When animals depend on water during a break, Davis said owners should also call. During the last main break, Water Department staff members provided water to horses on a farm in the affected area.
When lines are flushed, he can also plan to do it where people have animals or are served by a cast iron line, the timing of the flushing can be adjusted.
“This year alone it’s been so minimal, only until we disturb the system,” Davis said.
“I don’t think people are calling,” another resident said.
“If we know where the major complaints are, we can target that area. … I don’t care if you call everyday.”
Howard initially said the pipe-replacement plan could take 20 years, but then backed away from that estimate.
When Hanson painted the inside of the water tank last summer, it cost about $335,000 to purchase water from Brockton during those three months. The Water Department budget is $1.5 million of that, another $35,000 was required in electricity costs to pump the Brockton water.
New wells being put in on East Washington Street will help a lot of the cost and discoloration problems, Howard said. A pipe replacement program will be introduced after a new water tank is put in.
A couple who moved into their 300 South St. home in 2006, however said they are already preparing to sell their house because of the ongoing water problems.

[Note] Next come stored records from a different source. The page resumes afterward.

-- ===== src/Tunnel/Client/Rule.antt =====
-- pkg/tunnel/isannd_client.go: what the operations of a client keep, whatever it is.
use servers.Base.{
  Bool, true, false, List, [], ◌∷◌, none, some, Text, codes, eqt, is_empty, Bool-cases,
  Result-cases, inl, inr, ℕ,
}
use servers.Tunnel.Message.{RendezvousMsg}
use servers.Tunnel.Client.{
  Network, HeartbeatPing, IsanndClient, Action, mark_conn_dead, write_msg, connect, send_register,
  ping_frame, send_heartbeat, send_metrics, send_metrics_batch, send_frame, close, receive, act,
  act_all, connected, registered, beat, measured, batched, framed, closing, received, dropped,
}

-- A property of clients that a frame, a connection made, lost or closed, and a wish of the server keep.
module _ (net : Network) (P : IsanndClient → Type 0)
    (at_write : (msg : RendezvousMsg) (c : IsanndClient) → P c → P (write_msg net msg c).0)
    (at_connect : (id role : Text) (c : IsanndClient) → P c → P (connect net id role c).0)
    (at_loss : (k : ℕ) (c : IsanndClient) → P c → P (mark_conn_dead k c))
    (at_wish : (c : IsanndClient) (b : Bool) → P c → P (record c { need_register = b }))
    (at_close : (c : IsanndClient) → P c → P (close c)) where
  receive-rule : (msg : RendezvousMsg) (c : IsanndClient) → P c → P (receive msg c)
  unfolding receive
  receive-rule msg c i = elim (Bool-cases (eqt msg.kind (codes "need_register"))) [
    | inl e ↦ rw e (at_wish c true i)
    | inr e ↦ rw e i
  ]

  send_heartbeat-rule :
      (ping : HeartbeatPing) (c : IsanndClient) → P c → P (send_heartbeat net (some ping) c).0
  unfolding send_heartbeat
  send_heartbeat-rule ping c i =
      let j = at_write (ping_frame ping) c i in
      elim (Result-cases (write_msg net (ping_frame ping) c).1) [
        | inl (u, h) ↦
            rw (send_heartbeat, h) (at_wish (write_msg net (ping_frame ping) c).0 false j)
        | inr (e, h) ↦ rw (send_heartbeat, h) j
      ]

  send_frame-rule :
      (msg : RendezvousMsg) (c : IsanndClient) → P c → P (send_frame net (some msg) c).0
  unfolding send_frame
  send_frame-rule msg c i = elim (Bool-cases (is_empty msg.kind)) [
    | inl e ↦ rw (send_frame, e) i
    | inr e ↦ rw (send_frame, e) (at_write msg c i)
  ]

  act-rule : (c : IsanndClient) (a : Action) → P c → P (act net c a)
  unfolding act send_register send_heartbeat send_metrics send_metrics_batch send_frame
  act-rule c (connected id role) i = at_connect id role c i
  act-rule c (registered none) i = i
  act-rule c (registered (some msg)) i = at_write _ c i
  act-rule c (beat none) i = i
  act-rule c (beat (some ping)) i = send_heartbeat-rule ping c i
  act-rule c (measured none) i = i
  act-rule c (measured (some evt)) i = at_write _ c i
  act-rule c (batched id role batch) i = at_write _ c i
  act-rule c (framed none) i = i
  act-rule c (framed (some msg)) i = send_frame-rule msg c i
  act-rule c closing i = at_close c i
  act-rule c (received msg) i = receive-rule msg c i
  act-rule c (dropped k) i = at_loss k c i

  pub act_all-rule : (c : IsanndClient) (actions : List Action) → P c → P (act_all net c actions)
  unfolding act_all
  act_all-rule c [] i = i
  act_all-rule c (a ∷ more) i = act_all-rule (act net c a) more (act-rule c a i)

“I know a lot of people have had problems since the water tank project,” the woman said, noting they have had to replace three pressure leak valves in three years because of the sediment. “We’ve had it since 2006 on a regular basis and it has increased.”
The residents said they were still having problems three days after the water main break.
Davis said any fluctuation in pressure would make water dirty.